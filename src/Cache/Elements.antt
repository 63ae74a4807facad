-- ===== src/Cache/Elements.antt =====
-- The list of elements of the cache of internal/relay/cache.go: pointers, keys, sizes and order.
use mathlib.Core.Logic.{ite, if_pos, if_neg}
use native.Mathlib.Decide.{ℕ_discrete}
use p2papp.Prelude.{
  ℕ, zero, suc, ◌+◌, ◌<◌, ◌≤◌, ◌≡◌, refl, ap, ◌∙◌, ◌⊎◌, inl, inr, ◌-◌, Option, none, some, List, [],
  ◌∷◌, arith, Str, str_dec, All, length, take,
}
use p2papp.Cache.{Element, element_at, list_remove, list_back}

-- The element with a key, as a search through the list finds it.
unfoldable pub find_key : Str → List Element → Option Element
find_key k [] = none
find_key k (e ∷ es) = ite (str_dec e.key k) (some e) (find_key k es)

-- The bytes that the elements account for.
unfoldable pub total : List Element → ℕ
total [] = 0
total (e ∷ es) = e.size + total es

-- No key and no pointer occurs twice.
abbrev pub Distinct : List Element → Type 0
Distinct [] = Unit
Distinct (e ∷ es) = (find_key e.key es ≡ none) × (element_at e.id es ≡ none) × Distinct es

module _ (k : Str) where
  pub element_at-find_key :
      (es : List Element) (e : Element)
      → Distinct es
      → find_key k es ≡ some e
      → (element_at e.id es ≡ some e) × (e.key ≡ k)
  unfolding find_key element_at
  element_at-find_key [] e d h = cc
  element_at-find_key (f ∷ es) e d h = ground (arith, element_at-find_key es e d.2)

pub find_key-element_at :
    (es : List Element) (e : Element) (i : ℕ)
    → Distinct es
    → element_at i es ≡ some e
    → (find_key e.key es ≡ some e) × (e.id ≡ i)
unfolding find_key element_at
find_key-element_at [] e i d h = cc
find_key-element_at (f ∷ es) e i d h = ground (arith, find_key-element_at es e i d.2)

pub find_key-list_remove :
    (k : Str) (es : List Element) (e : Element)
    → Distinct es
    → element_at e.id es ≡ some e
    → find_key k (list_remove e.id es) ≡ ite (str_dec e.key k) none (find_key k es)
unfolding find_key element_at list_remove
find_key-list_remove k [] e d h = cc
find_key-list_remove k (f ∷ es) e d h =
    ground (arith, find_key-list_remove k es e d.2, find_key-element_at es e e.id d.2)

find_key-list_remove-none :
    (k : Str) (i : ℕ) (es : List Element)
    → find_key k es ≡ none
    → find_key k (list_remove i es) ≡ none
unfolding find_key list_remove
find_key-list_remove-none k i [] h = refl
find_key-list_remove-none k i (f ∷ es) h = ground (arith, find_key-list_remove-none k i es)

element_at-list_remove-none :
    (j i : ℕ) (es : List Element) → element_at j es ≡ none → element_at j (list_remove i es) ≡ none
unfolding element_at list_remove
element_at-list_remove-none j i [] h = refl
element_at-list_remove-none j i (f ∷ es) h = ground (arith, element_at-list_remove-none j i es)

pub element_at-list_remove_self :
    (i : ℕ) (es : List Element) → Distinct es → element_at i (list_remove i es) ≡ none
unfolding element_at list_remove
element_at-list_remove_self i [] d = refl
element_at-list_remove_self i (f ∷ es) d = ground (arith, element_at-list_remove_self i es d.2)

pub element_at-list_remove_ne :
    (j i : ℕ) (es : List Element) → ¬ (i ≡ j) → element_at j (list_remove i es) ≡ element_at j es
unfolding element_at list_remove
element_at-list_remove_ne j i [] n = refl
element_at-list_remove_ne j i (f ∷ es) n = ground (arith, element_at-list_remove_ne j i es)

pub list_remove-Distinct : (i : ℕ) (es : List Element) → Distinct es → Distinct (list_remove i es)
unfolding list_remove
list_remove-Distinct i [] d = tt
list_remove-Distinct i (f ∷ es) d = elim (ℕ_discrete f.id i) [
  | yes p ↦ rw (if_pos _ p) d.2
  | no p ↦ rw (if_neg _ p) (
    find_key-list_remove-none f.key i es d.0,
    element_at-list_remove-none f.id i es d.1,
    list_remove-Distinct i es d.2,
  )
]

pub list_remove-All :
    (P : Element → Type 0) (i : ℕ) (es : List Element) → All P es → All P (list_remove i es)
unfolding list_remove
list_remove-All P i [] a = tt
list_remove-All P i (f ∷ es) a = elim (ℕ_discrete f.id i) [
  | yes p ↦ rw (if_pos _ p) a.1
  | no p ↦ rw (if_neg _ p) (a.0, list_remove-All P i es a.1)
]

pub total-list_remove :
    (i : ℕ) (es : List Element) (e : Element)
    → element_at i es ≡ some e
    → (total (list_remove i es) + e.size ≡ total es) × (suc (length (list_remove i es)) ≡ length es)
unfolding total list_remove element_at
total-list_remove i [] e h = cc
total-list_remove i (f ∷ es) e h = ground (arith, total-list_remove i es e)

-- An element with a fresh pointer is not in the list.
pub element_at-fresh : (i : ℕ) (es : List Element) → All (λ e. e.id < i) es → element_at i es ≡ none
unfolding element_at
element_at-fresh i [] a = refl
element_at-fresh i (e ∷ es) a = ground (arith, element_at-fresh i es a.1)

-- The back of a non-empty list is one of its elements, and without it the list is shorter by one.
pub list_back-element_at :
    (e : Element) (es : List Element)
    → Distinct (e ∷ es)
    → (b : Element) × (list_back (e ∷ es) ≡ some b)
      × (element_at b.id (e ∷ es) ≡ some b)
      × (list_remove b.id (e ∷ es) ≡ take (length es) (e ∷ es))
unfolding list_back element_at list_remove
list_back-element_at e [] d = (e, refl, ground arith, ground arith)
list_back-element_at e (f ∷ es) d =
    let (b, back, at, rest) = list_back-element_at f es d.2 in (b, back, ground arith, ground arith)

-- Both cases of `list.Back`.
pub list_back-cases :
    (es : List Element)
    → Distinct es
    → ((es ≡ []) × (list_back es ≡ none))
      ⊎ ((b : Element) × (list_back es ≡ some b)
          × (element_at b.id es ≡ some b)
          × (list_remove b.id es ≡ take (length es - 1) es))
unfolding list_back
list_back-cases [] d = inl (refl, refl)
list_back-cases (e ∷ es) d =
    let (b, back, at, rest) = list_back-element_at e es d in
    inr (b, back, at, rest ∙ ap (λ n. take n (e ∷ es)) (omega arith))

pub total-take-le : (n : ℕ) (es : List Element) → total (take n es) ≤ total es
unfolding total
total-take-le zero es = omega arith
total-take-le (suc n) [] = omega arith
total-take-le (suc n) (e ∷ es) = omega (arith, total-take-le n es)
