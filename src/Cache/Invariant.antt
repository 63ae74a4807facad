-- ===== src/Cache/Invariant.antt =====
-- The well-formedness of the cache of internal/relay/cache.go, and the operations that keep it.
use p2papp.Prelude.{
  ℕ, zero, suc, ◌<◌, ◌≤◌, ◌≡◌, refl, Option, none, some, List, [], ◌∷◌, inl, inr, arith, Str, All,
  half_word, sub64_small, Time, Option-cases, Bool-cases,
}
use p2papp.Assoc.{get, get-remove}
use p2papp.Cache.{
  Element, Cache, new_cache, element_at, deref, list_remove, expired, remove_element, get_at,
  get_item, drop_at, delete_at, evict_at, evict_oldest, must_evict, evict_loop, drop_existing,
  delete, clear,
}
use p2papp.Cache.Elements.{
  find_key, total, Distinct, element_at-find_key, find_key-element_at, find_key-list_remove,
  element_at-list_remove_self, list_remove-Distinct, list_remove-All, total-list_remove,
  list_back-cases,
}

abbrev pub id_of : Option Element → Option ℕ
id_of none = none
id_of (some e) = some e.id

-- The map holds exactly the list's elements, no key and no pointer occurs twice, the size counter
-- is the sum of the sizes, and the sum is within the capacity.
pub record IsValid (c : Cache) : Type 0 where
  pub agree : (k : Str) → get k c.lookup ≡ id_of (find_key k c.items)
  pub distinct : Distinct c.items
  pub sized : c.current_size ≡ total c.items
  pub within : total c.items ≤ c.capacity
  pub signed : c.capacity < half_word
  pub fresh : All (λ (e : Element). e.id < c.next_id) c.items

pub new_cache-IsValid : (capacity : ℕ) → capacity < half_word → IsValid (new_cache capacity)
unfolding new_cache get find_key total
new_cache-IsValid capacity h = record {
  agree = λ k. refl;
  distinct = tt;
  sized = refl;
  within = omega arith;
  signed = h;
  fresh = tt;
}

-- Following the map's pointer finds what a search of the list finds.
pub pointer_lem :
    (c : Cache) (k : Str) → IsValid c → deref (get k c.lookup) c.items ≡ find_key k c.items
pointer_lem c k v = elim (Option-cases (find_key k c.items)) [
  | inl miss ↦ rw (v.agree k, miss)
  | inr (e, hit) ↦ rw (v.agree k, hit) (element_at-find_key k c.items e v.distinct hit).0
]

pub remove_element-IsValid :
    (c : Cache) (e : Element)
    → IsValid c
    → element_at e.id c.items ≡ some e
    → IsValid (remove_element e c)
unfolding remove_element
remove_element-IsValid c e v h = record {
  agree = λ k. ground (
    arith,
    v.agree k,
    get-remove k e.key c.lookup,
    find_key-list_remove k c.items e v.distinct h,
  );
  distinct = list_remove-Distinct e.id c.items v.distinct;
  sized = omega (
    arith,
    v.sized,
    v.within,
    v.signed,
    total-list_remove e.id c.items e h,
    sub64_small c.current_size e.size,
  );
  within = omega (arith, v.within, total-list_remove e.id c.items e h);
  signed = v.signed;
  fresh = list_remove-All (λ (f : Element). f.id < c.next_id) e.id c.items v.fresh;
}

fresh_of :
    (es : List Element) (e : Element) (i n : ℕ)
    → element_at i es ≡ some e
    → All (λ (f : Element). f.id < n) es
    → e.id < n
unfolding element_at
fresh_of [] e i n h a = cc
fresh_of (f ∷ es) e i n h a = ground (arith, fresh_of es e i n)

-- The counters of hits and misses are in no part of the invariant.
with_counters : (c : Cache) (h m : ℕ) → IsValid c → IsValid (record c { hits = h; misses = m })
with_counters c h m v = record {
  agree = v.agree;
  distinct = v.distinct;
  sized = v.sized;
  within = v.within;
  signed = v.signed;
  fresh = v.fresh;
}

-- The state after a hit, its counters apart.
abbrev pub move_to_front : Element → Time → Cache → Cache
move_to_front e t c = record c { items = record e { accessed_at = t } ∷ list_remove e.id c.items }

move_to_front-IsValid :
    (c : Cache) (e : Element) (t : Time)
    → IsValid c
    → element_at e.id c.items ≡ some e
    → IsValid (move_to_front e t c)
unfolding find_key total
move_to_front-IsValid c e t v h = record {
  agree = λ k. ground (
    arith,
    v.agree k,
    find_key-list_remove k c.items e v.distinct h,
    find_key-element_at c.items e e.id v.distinct h,
  );
  distinct = (
    ground (arith, find_key-list_remove e.key c.items e v.distinct h),
    element_at-list_remove_self e.id c.items v.distinct,
    list_remove-Distinct e.id c.items v.distinct,
  );
  sized = omega (arith, v.sized, total-list_remove e.id c.items e h);
  within = omega (arith, v.within, total-list_remove e.id c.items e h);
  signed = v.signed;
  fresh = (
    fresh_of c.items e e.id c.next_id h v.fresh,
    list_remove-All (λ (f : Element). f.id < c.next_id) e.id c.items v.fresh,
  );
}

pub get_item-IsValid :
    (key : Str) (t1 t2 : Time) (c : Cache) → IsValid c → IsValid (get_item key t1 t2 c).0
unfolding get_item get_at
get_item-IsValid key t1 t2 c v = elim (Option-cases (find_key key c.items)) [
  | inl miss ↦ rw (pointer_lem c key v, miss) (with_counters c _ _ v)
  | inr (e, hit) ↦
      let at = (element_at-find_key key c.items e v.distinct hit).0 in
      elim (Bool-cases (expired t1 e)) [
        | inl old ↦
            rw (pointer_lem c key v, hit, get_at, old)
              (with_counters (remove_element e c) _ _ (remove_element-IsValid c e v at))
        | inr live ↦
            rw (pointer_lem c key v, hit, get_at, live)
              (with_counters (move_to_front e t2 c) _ _ (move_to_front-IsValid c e t2 v at))
      ]
]

pub delete-IsValid : (key : Str) (c : Cache) → IsValid c → IsValid (delete key c).0
unfolding delete delete_at
delete-IsValid key c v = elim (Option-cases (find_key key c.items)) [
  | inl miss ↦ rw (pointer_lem c key v, miss) v
  | inr (e, hit) ↦
      rw (pointer_lem c key v, hit)
        (remove_element-IsValid c e v (element_at-find_key key c.items e v.distinct hit).0)
]

pub clear-IsValid : (c : Cache) → IsValid c → IsValid (clear c)
unfolding clear get find_key total
clear-IsValid c v = record {
  agree = λ k. refl;
  distinct = tt;
  sized = refl;
  within = omega arith;
  signed = v.signed;
  fresh = tt;
}

pub drop_existing-IsValid : (key : Str) (c : Cache) → IsValid c → IsValid (drop_existing key c)
unfolding drop_existing drop_at remove_element
drop_existing-IsValid key c v = elim (Option-cases (find_key key c.items)) [
  | inl miss ↦ rw (pointer_lem c key v, miss) v
  | inr (e, hit) ↦
      let (at, same) = element_at-find_key key c.items e v.distinct hit in
      rw (pointer_lem c key v, hit, ← same) (remove_element-IsValid c e v at)
]

pub evict_oldest-IsValid : (c : Cache) → IsValid c → IsValid (evict_oldest c)
unfolding evict_oldest evict_at
evict_oldest-IsValid c v = elim (list_back-cases c.items v.distinct) [
  | inl (e, empty) ↦ rw empty v
  | inr (b, back, at, rest) ↦ rw back (remove_element-IsValid c b v at)
]

pub evict_loop-IsValid : (fuel size : ℕ) (c : Cache) → IsValid c → IsValid (evict_loop fuel size c)
unfolding evict_loop
evict_loop-IsValid zero size c v = v
evict_loop-IsValid (suc fuel) size c v = elim (Bool-cases (must_evict size c)) [
  | inl more ↦
      rw (more, evict_loop)
        (evict_loop-IsValid fuel size (evict_oldest c) (evict_oldest-IsValid c v))
  | inr done ↦ rw (done, evict_loop) v
]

____

◆ Assignment: Give the number of lines in the listing that contain the word "misses", leaving out all other words.

◆ Task answer: 2